Here's a link to a pretty good site for Domestic Show Flights that I found when I first started trying to track down Lance's original owner:

http://www.ains.net.au/~roller/new_page_1.htm

fp


----------



## feralpigeon (Feb 14, 2005)

Margaret, that's the other link that I was looking for to post. I found the Australian site when I first took Lance in, and realized that this was an ID for Lance's breed and a possible lead to the bands on his legs. There hadn't been any luck tracing the bands at that point. I emailed the secretary of that club, Rory, who responded w/the information that I needed to contact the New York club. He gave me the name of the secretary to that club, and I believe it was Terry who found a home phone for the fellow as I had no luck w/emailing the man. So, it took the Australian club's help to get the info on the New York club, and it was the pictures at their site, and the mention of the New York Combine
(the untracable band on Lance's ankle) that ultimately led to tracking down the true first owner of the bird. That's Lance's story, Hennie's is still a bit of a mystery to me.

fp


----------



## Margarret (May 3, 2007)

feralpigeon said:


> Margaret, I shouldn't be thinking babies....but the thought keeps dancing
> in the back of my head  I have no one to foster for these two, though they are incredibly attentive to sitting on fake eggs  Not to mention the fact that space and time is an issue because of the rescues
> I take in.
> 
> ...


Thank you for the link. It is a good one. The president was most likely Sal Gigante. He is a terrific guy and so generous with his birds. He donates birds all the time to various clubs so people can get started with this breed.I got to meet him and many other members of the New York Combine when the NPA had their show here in So. Calif. two years back. 

I am so delighted for you (and them) that they paired up so well. Your description of Lance ringing his bell has me in stitches. I acquired my first Flight when one flew into our yard and was trying to get into the garage window. It was love at first sight. He paired with a little roller hen and I don't have the heart to separate them as they are so happy with each other. It was several years before I was able to find other SFs.
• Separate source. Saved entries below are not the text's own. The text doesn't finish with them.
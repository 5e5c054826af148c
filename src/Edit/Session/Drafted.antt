-- ===== src/Edit/Session/Drafted.antt =====
-- The anchors of the draft of a line edit, before a formatter has changed it.
use frances.Prelude.{
  ℕ, zero, suc, ◌<◌, ◌^◌, ◌≤◌, ◌≡◌, refl, List, [], ◌∷◌, some, true, false, eq_list, eq_list_iff,
  get_elem?, drop, length, arith, ok, Bool-cases, inl, inr,
}
use frances.Text.{Text}
use frances.Edit.Anchor.{Anchor}
use frances.Edit.Pool.{Pool, contains, mint}
use frances.Edit.Pool.Members.{count}
use frances.Edit.Pool.Mint.{IsPool, mint-IsMinted, mint-IsPool}
use frances.Edit.State.{LineEntry, FileAnchorState, hashes, anchors}
use frances.Edit.Ops.Trace.{IsTraced, apply_ops-IsTraced}
use frances.Edit.Ops.{EditOp, apply_ops, LineOrigin, carried, inserted}
use frances.Edit.Reconcile.Outcome.{IsAnchored}
use frances.Edit.Session.Anchored.{draft_entries}

-- The carried indices grow, from `lo` on, and are below `n`.
abbrev pub IsGrowing : ℕ → ℕ → List LineOrigin → Type 0
IsGrowing n lo [] = Unit {0}
IsGrowing n lo (carried i ∷ os) = (lo ≤ i) × (i < n) × IsGrowing n (suc i) os
IsGrowing n lo (inserted ∷ os) = IsGrowing n lo os

some_injective : (x y : LineEntry) → some x ≡ some y → x ≡ y
some_injective x y h = cc

count-drop :
    (a : Anchor) (n : ℕ) (les : List LineEntry)
    → count a (anchors (drop n les)) ≤ count a (anchors les)
count-drop a zero les = omega arith
count-drop a (suc n) [] = omega arith
count-drop a (suc n) (le ∷ les) = ground (arith, count-drop a n les)

-- A line from `lo` on counts, and those behind it.
count-drop-at :
    (a : Anchor) (les : List LineEntry) (lo i : ℕ) (le : LineEntry)
    → get_elem? les i ≡ some le
    → lo ≤ i
    → count a (le.anchor ∷ anchors (drop (suc i) les)) ≤ count a (anchors (drop lo les))
count-drop-at a [] lo i le e h = cc
count-drop-at a (l ∷ les) zero zero le e h = rw (some_injective l le e) (omega arith)
count-drop-at a (l ∷ les) (suc lo) zero le e h = absurd (omega arith)
count-drop-at a (l ∷ les) zero (suc i) le e h = ground (arith, count-drop-at a les zero i le e)
count-drop-at a (l ∷ les) (suc lo) (suc i) le e h = count-drop-at a les lo i le e (omega arith)

get_elem?-lt :
    (les : List LineEntry) (i : ℕ) → i < length les → (le : LineEntry) × (get_elem? les i ≡ some le)
get_elem?-lt [] i h = absurd (omega arith)
get_elem?-lt (le ∷ les) zero h = (le, refl)
get_elem?-lt (le ∷ les) (suc i) h = get_elem?-lt les i (omega arith)

clash : (used : List Anchor) (a : Anchor) → contains used a ≡ true → contains used a ≡ false → ⊥
clash used a t f = cc

absent_before :
    (pool : Pool) (a : Anchor)
    → (mint pool).1.used ≡ (mint pool).0 ∷ pool.used
    → contains (mint pool).1.used a ≡ false
    → contains pool.used a ≡ false
absent_before pool a e n = elim (Bool-cases (contains pool.used a)) [
  | inr f ↦ f
  | inl t ↦ absurd (clash (mint pool).1.used a (rw e (ground (arith, t))) n)
]

in_range : (ls : List Text) (i : ℕ) (l : Text) → get_elem? ls i ≡ some l → i < length ls
in_range [] i l h = cc
in_range (x ∷ ls) zero l h = omega arith
in_range (x ∷ ls) (suc i) l h = omega (arith, in_range ls i l h)

-- Entry by entry: a carried line has the anchor of the old line that it is, and an inserted one an
-- anchor that was not in use.
abbrev pub IsKept : List LineEntry → List Anchor → List LineOrigin → List LineEntry → Type 0
IsKept old used [] [] = Unit {0}
IsKept old used (carried i ∷ os) (le ∷ les) =
    ((was : LineEntry) × (get_elem? old i ≡ some was) × (le.anchor ≡ was.anchor))
    × IsKept old used os les
IsKept old used (inserted ∷ os) (le ∷ les) =
    (contains used le.anchor ≡ false) × IsKept old used os les
IsKept old used os les = ⊥

IsKept-fewer :
    (old : List LineEntry) (used more : List Anchor) (os : List LineOrigin) (les : List LineEntry)
    → ((a : Anchor) → contains more a ≡ false → contains used a ≡ false)
    → IsKept old more os les
    → IsKept old used os les
IsKept-fewer old used more [] [] f k = tt
IsKept-fewer old used more [] (le ∷ les) f k = absurd k
IsKept-fewer old used more (carried i ∷ os) [] f k = absurd k
IsKept-fewer old used more (inserted ∷ os) [] f k = absurd k
IsKept-fewer old used more (carried i ∷ os) (le ∷ les) f k =
    (k.0, IsKept-fewer old used more os les f k.1)
IsKept-fewer old used more (inserted ∷ os) (le ∷ les) f k =
    (f le.anchor k.0, IsKept-fewer old used more os les f k.1)

module _ (old : List LineEntry) where
  record IsDraft (lo : ℕ) (pool : Pool) (r : List LineEntry × Pool) : Type 0 where
    pub pool_valid : IsPool r.1
    pub known :
        (a : Anchor)
        → contains pool.used a ≡ true
        → count a (anchors r.0) ≤ count a (anchors (drop lo old))
    pub fresh : (a : Anchor) → contains pool.used a ≡ false → count a (anchors r.0) ≤ 1
    pub in_use : (a : Anchor) → contains r.1.used a ≡ false → count a (anchors r.0) ≡ 0
    pub grown : (a : Anchor) → contains pool.used a ≡ true → contains r.1.used a ≡ true

  abbrev InPool : Pool → Type 0
  InPool pool = (a : Anchor) → contains pool.used a ≡ false → count a (anchors old) ≡ 0

  carried-IsDraft :
      (lo i : ℕ) (le : LineEntry) (h : ℕ) (pool : Pool) (r : List LineEntry × Pool)
      → InPool pool
      → get_elem? old i ≡ some le
      → lo ≤ i
      → IsDraft (suc i) pool r
      → IsDraft lo pool (record { hash = h; anchor = le.anchor } ∷ r.0, r.1)
  carried-IsDraft lo i le h pool r p e l d = record {
    pool_valid = d.pool_valid;
    known = λ a u. ground (arith, count-drop-at a old lo i le e l, d.known a u);
    fresh = λ a n.
        ground (arith, count-drop-at a old lo i le e l, count-drop a lo old, p a n, d.fresh a n);
    in_use = λ a n. elim (Bool-cases (contains pool.used a)) [
      | inl u ↦ absurd (clash r.1.used a (d.grown a u) n)
      | inr f ↦
          ground (arith, count-drop-at a old lo i le e l, count-drop a lo old, p a f, d.in_use a n)
    ];
    grown = d.grown;
  }

  inserted-IsDraft :
      (lo h : ℕ) (pool : Pool) (r : List LineEntry × Pool)
      → IsPool pool
      → InPool pool
      → IsDraft lo (mint pool).1 r
      → IsDraft lo pool (record { hash = h; anchor = (mint pool).0 } ∷ r.0, r.1)
  inserted-IsDraft lo h pool r v p d =
      let m = mint-IsMinted pool v in
      let x = (mint pool).0 in
      let taken : (a : Anchor)
          → contains pool.used a ≡ true
          → contains (mint pool).1.used a ≡ true =
        λ a u. rw m.recorded (ground (arith, u)) in
      let other : (a : Anchor) → contains pool.used a ≡ true → eq_list x a ≡ false = λ a u.
        elim (Bool-cases (eq_list x a)) [
          | inr f ↦ f
          | inl t ↦ absurd (clash pool.used a u (rw (← (eq_list_iff x a).0 t) m.fresh))
        ] in
      record {
        pool_valid = d.pool_valid;
        known = λ a u. rw (other a u) (d.known a (taken a u));
        fresh = λ a n. elim (Bool-cases (eq_list x a)) [
          | inl t ↦
              rw t (omega (arith, d.known a (rw (m.recorded, t) refl), count-drop a lo old, p a n))
          | inr f ↦ rw f (d.fresh a (rw (m.recorded, f) n))
        ];
        in_use = λ a n. elim (Bool-cases (eq_list x a)) [
          | inl t ↦ absurd (clash r.1.used a (d.grown a (rw (m.recorded, t) refl)) n)
          | inr f ↦ rw f (d.in_use a n)
        ];
        grown = λ a u. d.grown a (taken a u);
      }

  draft_entries-IsDraft :
      (lo : ℕ) (origins : List LineOrigin) (hs : List ℕ) (pool : Pool)
      → IsPool pool
      → InPool pool
      → IsGrowing (length old) lo origins
      → length origins ≡ length hs
      → (r : List LineEntry × Pool) × (draft_entries old origins hs pool ≡ ok r)
        × (hashes r.0 ≡ hs)
        × IsKept old pool.used origins r.0
        × IsDraft lo pool r
  unfolding draft_entries
  draft_entries-IsDraft lo [] [] pool v p g e = (
    ([], pool),
    refl,
    refl,
    tt,
    record {
      pool_valid = v;
      known = λ a u. omega arith;
      fresh = λ a n. omega arith;
      in_use = λ a n. refl;
      grown = λ a u. u;
    },
  )
  draft_entries-IsDraft lo [] (h ∷ hs) pool v p g e = absurd (omega arith)
  draft_entries-IsDraft lo (o ∷ os) [] pool v p g e = absurd (omega arith)
  draft_entries-IsDraft lo (carried i ∷ os) (h ∷ hs) pool v p (l, k, g) e =
      let (le, at) = get_elem?-lt old i k in
      let (r, run, same, kept, d) = draft_entries-IsDraft (suc i) os hs pool v p g (omega arith) in
      (
        (record { hash = h; anchor = le.anchor } ∷ r.0, r.1),
        rw (at, run) refl,
        rw same refl,
        ((le, at, refl), kept),
        carried-IsDraft lo i le h pool r p at l d,
      )
  draft_entries-IsDraft lo (inserted ∷ os) (h ∷ hs) pool v p g e =
      let m = mint-IsMinted pool v in
      let (r, run, same, kept, d) =
        draft_entries-IsDraft lo os hs (mint pool).1 (mint-IsPool pool v)
          (λ a n. p a (absent_before pool a m.recorded n)) g (omega arith) in
      (
        (record { hash = h; anchor = (mint pool).0 } ∷ r.0, r.1),
        rw run refl,
        rw same refl,
        (
          m.fresh,
          IsKept-fewer old pool.used (mint pool).1.used os r.0
              (λ a n. absent_before pool a m.recorded n) kept,
        ),
        inserted-IsDraft lo h pool r v p d,
      )

IsTraced-IsGrowing :
    (original : List Text) (lo : ℕ) (ls : List Text) (os : List LineOrigin)
    → IsTraced original lo ls os
    → IsGrowing (length original) lo os × (length os ≡ length ls)
IsTraced-IsGrowing original lo [] [] t = (tt, refl)
IsTraced-IsGrowing original lo [] (o ∷ os) t = absurd t
IsTraced-IsGrowing original lo (l ∷ ls) [] t = absurd t
IsTraced-IsGrowing original lo (l ∷ ls) (carried i ∷ os) t =
    let (g, e) = IsTraced-IsGrowing original (suc i) ls os t.2 in
    ((t.0, in_range original i l t.1, g), omega arith)
IsTraced-IsGrowing original lo (l ∷ ls) (inserted ∷ os) t =
    let (g, e) = IsTraced-IsGrowing original lo ls os t in (g, omega arith)

-- Whatever operations a draft comes from, on fewer than 2^32 lines that have each an entry, with
-- distinct anchors that are all in use in a valid pool: given as many hashes as the draft has lines,
-- the draft's entries are computed without a panic and have these hashes. The entry of a line that was
-- carried has the anchor of the line that it was, that of an inserted line one that was not in use; the
-- anchors are distinct and in use.
pub draft_entries-IsAnchored :
    (st : FileAnchorState) (lines : List Text) (ops : List EditOp) (out : List Text)
    (origins : List LineOrigin) (hs : List ℕ) (pool : Pool)
    → length lines < 2 ^ 32
    → apply_ops st lines ops ≡ ok (out, origins)
    → length st.lines ≡ length lines
    → length hs ≡ length out
    → IsPool pool
    → IsAnchored st.lines pool.used
    → (r : List LineEntry × Pool) × (draft_entries st.lines origins hs pool ≡ ok r)
      × (hashes r.0 ≡ hs)
      × IsKept st.lines pool.used origins r.0
      × IsAnchored r.0 r.1.used
      × IsPool r.1
draft_entries-IsAnchored st lines ops out origins hs pool small run same count_hs v h =
    let (g, n) =
      IsTraced-IsGrowing lines 0 out origins
        (apply_ops-IsTraced st lines ops out origins small run) in
    let (r, e, eh, kept, d) =
      draft_entries-IsDraft st.lines 0 origins hs pool v h.in_use (rw same g) (omega arith) in
    (
      r,
      e,
      eh,
      kept,
      record {
        distinct = λ a. elim (Bool-cases (contains pool.used a)) [
          | inl u ↦ omega (arith, d.known a u, h.distinct a)
          | inr f ↦ d.fresh a f
        ];
        in_use = d.in_use;
      },
      d.pool_valid,
    )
They are still pretty rare here on the west coast. I was never able to find his owner. 

If you want to connect with other Show Flight People in your area let me know and I'll see what I can find. I know John Hepner is up towards you. He is a Master Breeder. And I know there is at least one other person in the bay area. There is a Western Domestic Show Flight Club which is a branch of the New York Combine.

Margaret


----------



## Skyeking (Jan 17, 2003)

They look so cute and huggible, I just love the looks of these two.   LOVE the redhead!!!!  

You want babies? Send me some eggs next March, fp, and I'll coordinate one or two of my couples to hatch them. They are usually in full swing nesting mode by then, well....actually...it never stops around here....just better time of year.


----------



## flitsnowzoom (Mar 20, 2007)

Absolutely cute and dignified at the same time (can you be both?  ) Loved the bell-ringing story. Who says pigeons don't have a sense of humor and timing


----------



## feralpigeon (Feb 14, 2005)

Margaret, thanks for that offer and all of your information on this breed. I remember a fellow here had mentioned Red Tieger back when the add was 
first posted and that was also a lead that I googled. I'm lucky you are so 
knowledgable on this breed. Yes I think that was the name of the man in New
York that I spoke with over the phone. He was very kind and generous and
we spoke for the best part of a half hour.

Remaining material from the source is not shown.